How to complete this task |
What lines in this listing contain the string "gather"? Report each one by copying it.

Records |
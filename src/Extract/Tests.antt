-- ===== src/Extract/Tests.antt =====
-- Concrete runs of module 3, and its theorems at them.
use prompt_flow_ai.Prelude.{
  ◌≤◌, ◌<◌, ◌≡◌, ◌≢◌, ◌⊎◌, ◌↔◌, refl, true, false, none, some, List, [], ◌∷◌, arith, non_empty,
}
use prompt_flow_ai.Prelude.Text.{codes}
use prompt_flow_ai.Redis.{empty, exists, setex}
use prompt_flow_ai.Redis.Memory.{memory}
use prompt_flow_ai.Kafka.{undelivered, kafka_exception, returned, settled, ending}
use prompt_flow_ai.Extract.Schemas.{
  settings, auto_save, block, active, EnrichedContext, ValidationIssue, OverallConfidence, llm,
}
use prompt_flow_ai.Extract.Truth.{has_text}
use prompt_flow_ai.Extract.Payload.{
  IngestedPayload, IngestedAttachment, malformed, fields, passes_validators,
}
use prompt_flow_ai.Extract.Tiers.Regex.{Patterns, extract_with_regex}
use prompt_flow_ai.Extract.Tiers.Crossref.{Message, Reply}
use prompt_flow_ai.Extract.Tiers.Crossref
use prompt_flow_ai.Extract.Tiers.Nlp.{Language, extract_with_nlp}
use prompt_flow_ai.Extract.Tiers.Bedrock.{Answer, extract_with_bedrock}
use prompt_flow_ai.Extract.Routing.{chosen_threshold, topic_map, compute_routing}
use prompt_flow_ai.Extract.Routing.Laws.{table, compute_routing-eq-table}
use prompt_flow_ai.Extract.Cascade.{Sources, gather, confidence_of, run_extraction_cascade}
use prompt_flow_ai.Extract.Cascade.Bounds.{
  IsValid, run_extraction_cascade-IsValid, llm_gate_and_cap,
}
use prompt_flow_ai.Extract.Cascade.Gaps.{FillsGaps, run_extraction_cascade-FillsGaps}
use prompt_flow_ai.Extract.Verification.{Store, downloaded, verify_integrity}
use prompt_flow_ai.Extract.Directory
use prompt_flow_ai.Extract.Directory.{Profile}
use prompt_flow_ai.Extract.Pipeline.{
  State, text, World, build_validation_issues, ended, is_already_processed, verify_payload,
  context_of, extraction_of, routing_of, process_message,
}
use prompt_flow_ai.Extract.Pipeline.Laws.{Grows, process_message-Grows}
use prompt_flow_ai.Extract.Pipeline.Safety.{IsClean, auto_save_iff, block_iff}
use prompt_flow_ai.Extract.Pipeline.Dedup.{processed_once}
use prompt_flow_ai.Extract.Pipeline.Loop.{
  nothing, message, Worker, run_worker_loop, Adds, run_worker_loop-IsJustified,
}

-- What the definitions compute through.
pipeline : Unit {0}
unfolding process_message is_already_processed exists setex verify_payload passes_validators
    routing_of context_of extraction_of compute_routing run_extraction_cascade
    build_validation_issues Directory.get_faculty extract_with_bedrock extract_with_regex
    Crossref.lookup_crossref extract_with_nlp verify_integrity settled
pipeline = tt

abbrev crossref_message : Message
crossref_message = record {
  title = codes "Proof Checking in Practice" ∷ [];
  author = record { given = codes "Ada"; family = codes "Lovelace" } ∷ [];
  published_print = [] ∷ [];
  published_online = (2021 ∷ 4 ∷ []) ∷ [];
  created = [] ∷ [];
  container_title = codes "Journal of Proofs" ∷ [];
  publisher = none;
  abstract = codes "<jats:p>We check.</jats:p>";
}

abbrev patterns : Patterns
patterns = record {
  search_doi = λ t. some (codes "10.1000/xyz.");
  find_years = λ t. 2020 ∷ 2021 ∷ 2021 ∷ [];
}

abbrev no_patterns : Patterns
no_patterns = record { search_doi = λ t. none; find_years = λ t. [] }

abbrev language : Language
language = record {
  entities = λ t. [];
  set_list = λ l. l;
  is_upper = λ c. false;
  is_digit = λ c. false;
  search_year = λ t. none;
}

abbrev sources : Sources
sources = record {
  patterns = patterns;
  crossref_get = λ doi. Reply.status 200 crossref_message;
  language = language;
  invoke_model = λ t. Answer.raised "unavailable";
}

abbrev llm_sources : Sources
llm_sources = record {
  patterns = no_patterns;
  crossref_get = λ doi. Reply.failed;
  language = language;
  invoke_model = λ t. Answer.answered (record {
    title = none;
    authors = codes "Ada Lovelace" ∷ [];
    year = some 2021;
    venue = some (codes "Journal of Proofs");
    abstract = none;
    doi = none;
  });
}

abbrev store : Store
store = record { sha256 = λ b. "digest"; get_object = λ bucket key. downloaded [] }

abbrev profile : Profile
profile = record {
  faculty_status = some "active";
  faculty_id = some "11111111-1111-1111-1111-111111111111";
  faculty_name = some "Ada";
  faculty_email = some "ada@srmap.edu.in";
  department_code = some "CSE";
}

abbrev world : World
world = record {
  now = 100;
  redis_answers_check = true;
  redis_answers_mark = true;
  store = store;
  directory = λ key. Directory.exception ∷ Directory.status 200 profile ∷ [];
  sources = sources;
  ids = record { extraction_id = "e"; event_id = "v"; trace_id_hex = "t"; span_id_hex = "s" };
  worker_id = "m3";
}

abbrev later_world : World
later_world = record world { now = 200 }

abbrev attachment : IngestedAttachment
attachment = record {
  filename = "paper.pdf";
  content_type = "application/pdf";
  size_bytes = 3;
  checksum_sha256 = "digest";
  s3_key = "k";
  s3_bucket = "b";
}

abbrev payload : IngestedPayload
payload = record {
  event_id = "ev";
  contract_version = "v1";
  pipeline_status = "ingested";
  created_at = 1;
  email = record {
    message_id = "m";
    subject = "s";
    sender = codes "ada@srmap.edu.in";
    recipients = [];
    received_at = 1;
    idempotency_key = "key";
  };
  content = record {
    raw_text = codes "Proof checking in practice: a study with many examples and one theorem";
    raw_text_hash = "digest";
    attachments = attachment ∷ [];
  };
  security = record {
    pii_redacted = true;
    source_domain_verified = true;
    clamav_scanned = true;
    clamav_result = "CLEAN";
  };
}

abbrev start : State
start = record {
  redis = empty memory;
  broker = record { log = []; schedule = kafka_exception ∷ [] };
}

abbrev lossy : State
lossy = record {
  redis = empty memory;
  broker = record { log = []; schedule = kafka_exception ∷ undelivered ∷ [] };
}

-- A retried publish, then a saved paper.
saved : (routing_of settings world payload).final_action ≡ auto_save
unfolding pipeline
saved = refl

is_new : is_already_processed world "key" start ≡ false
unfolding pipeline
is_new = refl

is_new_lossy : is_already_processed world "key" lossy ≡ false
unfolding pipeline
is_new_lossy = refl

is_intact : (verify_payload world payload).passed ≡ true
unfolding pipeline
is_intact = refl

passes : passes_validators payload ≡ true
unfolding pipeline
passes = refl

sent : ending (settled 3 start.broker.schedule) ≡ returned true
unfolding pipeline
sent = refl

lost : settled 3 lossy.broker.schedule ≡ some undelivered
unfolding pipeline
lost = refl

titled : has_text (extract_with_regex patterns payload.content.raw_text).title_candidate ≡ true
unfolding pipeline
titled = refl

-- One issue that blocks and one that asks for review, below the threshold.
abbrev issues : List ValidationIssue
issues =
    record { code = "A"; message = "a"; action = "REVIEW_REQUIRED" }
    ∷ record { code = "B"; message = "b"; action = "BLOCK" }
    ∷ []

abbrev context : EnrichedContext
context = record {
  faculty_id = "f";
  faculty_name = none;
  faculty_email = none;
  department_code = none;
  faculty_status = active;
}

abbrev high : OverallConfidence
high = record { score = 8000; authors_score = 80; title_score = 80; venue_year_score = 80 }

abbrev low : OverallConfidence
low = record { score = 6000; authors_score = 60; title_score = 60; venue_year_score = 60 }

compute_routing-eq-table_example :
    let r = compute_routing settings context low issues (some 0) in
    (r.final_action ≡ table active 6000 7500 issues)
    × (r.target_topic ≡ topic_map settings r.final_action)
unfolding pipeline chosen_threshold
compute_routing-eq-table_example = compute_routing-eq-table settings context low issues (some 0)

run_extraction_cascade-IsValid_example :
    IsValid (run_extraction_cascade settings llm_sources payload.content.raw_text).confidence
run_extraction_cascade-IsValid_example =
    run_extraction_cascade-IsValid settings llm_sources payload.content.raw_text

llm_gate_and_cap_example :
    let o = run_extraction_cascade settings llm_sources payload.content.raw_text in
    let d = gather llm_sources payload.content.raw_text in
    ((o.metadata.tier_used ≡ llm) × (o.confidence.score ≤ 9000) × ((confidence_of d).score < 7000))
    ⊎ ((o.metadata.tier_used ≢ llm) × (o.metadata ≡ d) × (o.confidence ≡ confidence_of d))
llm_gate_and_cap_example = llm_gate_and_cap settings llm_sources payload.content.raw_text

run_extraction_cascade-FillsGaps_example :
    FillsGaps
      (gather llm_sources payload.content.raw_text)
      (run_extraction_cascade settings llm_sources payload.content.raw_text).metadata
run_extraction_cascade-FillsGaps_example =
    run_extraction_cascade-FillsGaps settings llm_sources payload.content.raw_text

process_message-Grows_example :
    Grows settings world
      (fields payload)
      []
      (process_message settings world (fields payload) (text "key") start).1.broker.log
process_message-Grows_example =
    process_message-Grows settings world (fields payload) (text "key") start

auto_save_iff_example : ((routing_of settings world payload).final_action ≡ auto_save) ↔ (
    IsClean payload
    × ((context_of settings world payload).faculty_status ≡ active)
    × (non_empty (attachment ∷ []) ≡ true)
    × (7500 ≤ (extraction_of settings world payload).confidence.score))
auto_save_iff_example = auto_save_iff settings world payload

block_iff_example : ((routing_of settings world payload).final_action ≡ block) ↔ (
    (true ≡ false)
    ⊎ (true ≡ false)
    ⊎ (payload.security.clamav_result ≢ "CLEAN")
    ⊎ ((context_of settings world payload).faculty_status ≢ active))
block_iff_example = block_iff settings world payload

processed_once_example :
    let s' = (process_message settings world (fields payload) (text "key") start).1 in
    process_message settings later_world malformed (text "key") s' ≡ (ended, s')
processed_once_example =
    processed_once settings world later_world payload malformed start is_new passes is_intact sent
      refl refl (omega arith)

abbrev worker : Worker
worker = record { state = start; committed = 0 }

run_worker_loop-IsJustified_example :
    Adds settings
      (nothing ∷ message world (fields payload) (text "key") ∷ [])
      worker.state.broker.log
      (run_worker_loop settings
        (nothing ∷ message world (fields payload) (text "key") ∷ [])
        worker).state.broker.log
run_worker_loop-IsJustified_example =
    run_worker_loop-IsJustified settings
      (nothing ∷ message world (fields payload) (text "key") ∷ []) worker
* * *
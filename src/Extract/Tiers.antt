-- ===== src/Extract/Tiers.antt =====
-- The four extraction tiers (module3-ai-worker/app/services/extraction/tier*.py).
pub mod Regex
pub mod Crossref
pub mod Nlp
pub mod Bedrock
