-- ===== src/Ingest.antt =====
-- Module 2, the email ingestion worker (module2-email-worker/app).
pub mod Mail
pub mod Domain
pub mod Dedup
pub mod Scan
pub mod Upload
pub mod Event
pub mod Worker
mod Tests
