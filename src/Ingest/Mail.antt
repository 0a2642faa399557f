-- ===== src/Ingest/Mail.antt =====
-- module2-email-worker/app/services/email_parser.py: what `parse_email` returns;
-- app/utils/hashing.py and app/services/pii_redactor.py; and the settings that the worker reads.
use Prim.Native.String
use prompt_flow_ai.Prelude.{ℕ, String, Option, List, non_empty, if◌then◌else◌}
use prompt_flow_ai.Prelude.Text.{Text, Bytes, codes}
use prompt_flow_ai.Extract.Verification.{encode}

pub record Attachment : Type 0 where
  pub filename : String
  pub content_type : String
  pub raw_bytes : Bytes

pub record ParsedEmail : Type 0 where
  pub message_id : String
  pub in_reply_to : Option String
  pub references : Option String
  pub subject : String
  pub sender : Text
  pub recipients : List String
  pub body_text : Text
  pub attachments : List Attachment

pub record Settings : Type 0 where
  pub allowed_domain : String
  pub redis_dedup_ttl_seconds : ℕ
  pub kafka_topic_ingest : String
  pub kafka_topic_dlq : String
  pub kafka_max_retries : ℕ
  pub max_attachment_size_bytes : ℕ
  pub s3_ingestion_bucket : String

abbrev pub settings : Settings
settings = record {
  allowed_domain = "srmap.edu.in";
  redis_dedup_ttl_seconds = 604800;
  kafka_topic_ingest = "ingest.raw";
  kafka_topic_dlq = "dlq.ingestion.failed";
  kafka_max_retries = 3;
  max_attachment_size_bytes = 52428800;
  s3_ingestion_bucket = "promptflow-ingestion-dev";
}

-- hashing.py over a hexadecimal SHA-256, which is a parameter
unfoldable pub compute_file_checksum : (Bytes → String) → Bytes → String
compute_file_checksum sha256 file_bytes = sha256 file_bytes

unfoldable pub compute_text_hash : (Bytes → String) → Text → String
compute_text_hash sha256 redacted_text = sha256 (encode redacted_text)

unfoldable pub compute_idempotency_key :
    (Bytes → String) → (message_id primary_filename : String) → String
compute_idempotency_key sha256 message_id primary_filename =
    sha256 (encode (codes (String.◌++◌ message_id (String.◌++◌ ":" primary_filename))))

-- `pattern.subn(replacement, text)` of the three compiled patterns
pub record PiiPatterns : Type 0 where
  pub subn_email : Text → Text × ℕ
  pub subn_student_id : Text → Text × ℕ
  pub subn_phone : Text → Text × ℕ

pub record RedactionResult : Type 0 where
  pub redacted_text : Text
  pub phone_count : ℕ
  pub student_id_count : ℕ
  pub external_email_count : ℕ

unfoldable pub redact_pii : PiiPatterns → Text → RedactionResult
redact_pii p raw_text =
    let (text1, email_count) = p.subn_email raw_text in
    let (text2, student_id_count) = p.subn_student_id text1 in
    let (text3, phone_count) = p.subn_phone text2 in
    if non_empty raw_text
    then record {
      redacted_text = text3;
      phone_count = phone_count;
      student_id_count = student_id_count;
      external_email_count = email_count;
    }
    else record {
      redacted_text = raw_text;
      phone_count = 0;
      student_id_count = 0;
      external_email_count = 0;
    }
---
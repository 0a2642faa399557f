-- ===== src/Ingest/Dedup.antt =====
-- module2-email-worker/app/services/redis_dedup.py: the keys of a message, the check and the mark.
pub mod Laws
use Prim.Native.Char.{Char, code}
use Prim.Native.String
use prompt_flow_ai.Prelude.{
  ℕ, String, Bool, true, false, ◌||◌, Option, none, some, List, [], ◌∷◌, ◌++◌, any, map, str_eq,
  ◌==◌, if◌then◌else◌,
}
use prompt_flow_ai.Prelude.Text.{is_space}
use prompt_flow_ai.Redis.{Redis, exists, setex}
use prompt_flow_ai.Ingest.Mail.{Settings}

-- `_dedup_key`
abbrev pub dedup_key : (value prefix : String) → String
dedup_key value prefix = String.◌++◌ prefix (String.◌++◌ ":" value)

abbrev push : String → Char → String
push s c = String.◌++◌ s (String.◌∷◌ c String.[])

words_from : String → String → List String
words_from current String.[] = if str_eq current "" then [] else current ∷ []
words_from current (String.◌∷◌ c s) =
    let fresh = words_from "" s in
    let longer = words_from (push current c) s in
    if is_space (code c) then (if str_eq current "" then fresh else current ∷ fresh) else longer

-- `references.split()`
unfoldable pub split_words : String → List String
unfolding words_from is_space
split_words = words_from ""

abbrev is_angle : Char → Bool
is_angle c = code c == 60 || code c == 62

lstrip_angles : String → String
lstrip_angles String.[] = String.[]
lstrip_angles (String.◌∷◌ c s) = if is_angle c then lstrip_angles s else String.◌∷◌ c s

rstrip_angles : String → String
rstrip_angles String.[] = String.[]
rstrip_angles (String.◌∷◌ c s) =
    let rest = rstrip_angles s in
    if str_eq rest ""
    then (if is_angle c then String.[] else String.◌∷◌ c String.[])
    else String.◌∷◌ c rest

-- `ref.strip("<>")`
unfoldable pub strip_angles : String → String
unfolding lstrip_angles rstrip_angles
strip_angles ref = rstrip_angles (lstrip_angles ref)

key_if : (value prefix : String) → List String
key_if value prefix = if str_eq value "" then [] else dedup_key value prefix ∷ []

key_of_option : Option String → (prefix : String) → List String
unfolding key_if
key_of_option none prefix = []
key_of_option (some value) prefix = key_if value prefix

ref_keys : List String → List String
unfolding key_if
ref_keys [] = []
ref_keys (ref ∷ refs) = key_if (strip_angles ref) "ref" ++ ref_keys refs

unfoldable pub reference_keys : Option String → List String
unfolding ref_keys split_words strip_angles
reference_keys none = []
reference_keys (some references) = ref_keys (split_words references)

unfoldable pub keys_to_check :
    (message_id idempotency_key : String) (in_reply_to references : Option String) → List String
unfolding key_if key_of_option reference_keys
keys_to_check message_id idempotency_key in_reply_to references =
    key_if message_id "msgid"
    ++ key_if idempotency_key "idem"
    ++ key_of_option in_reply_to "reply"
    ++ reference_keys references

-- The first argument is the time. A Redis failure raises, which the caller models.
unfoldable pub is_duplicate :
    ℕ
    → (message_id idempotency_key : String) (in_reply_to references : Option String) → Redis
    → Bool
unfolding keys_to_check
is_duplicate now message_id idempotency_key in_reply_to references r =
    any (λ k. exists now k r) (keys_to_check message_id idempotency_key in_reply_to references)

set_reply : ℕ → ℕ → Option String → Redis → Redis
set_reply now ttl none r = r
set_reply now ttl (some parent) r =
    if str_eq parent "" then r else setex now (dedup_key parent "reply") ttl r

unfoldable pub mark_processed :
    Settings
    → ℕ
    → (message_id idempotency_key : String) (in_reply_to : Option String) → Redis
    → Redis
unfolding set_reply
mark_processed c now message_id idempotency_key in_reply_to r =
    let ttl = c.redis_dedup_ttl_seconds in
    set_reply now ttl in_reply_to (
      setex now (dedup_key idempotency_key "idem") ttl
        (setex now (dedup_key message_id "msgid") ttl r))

Solution to the exercise |
use prompt_flow_ai.Extract.Cascade.{Sources, gather, confidence_of, run_extraction_cascade}
    let d = gather llm_sources payload.content.raw_text in
      (gather llm_sources payload.content.raw_text)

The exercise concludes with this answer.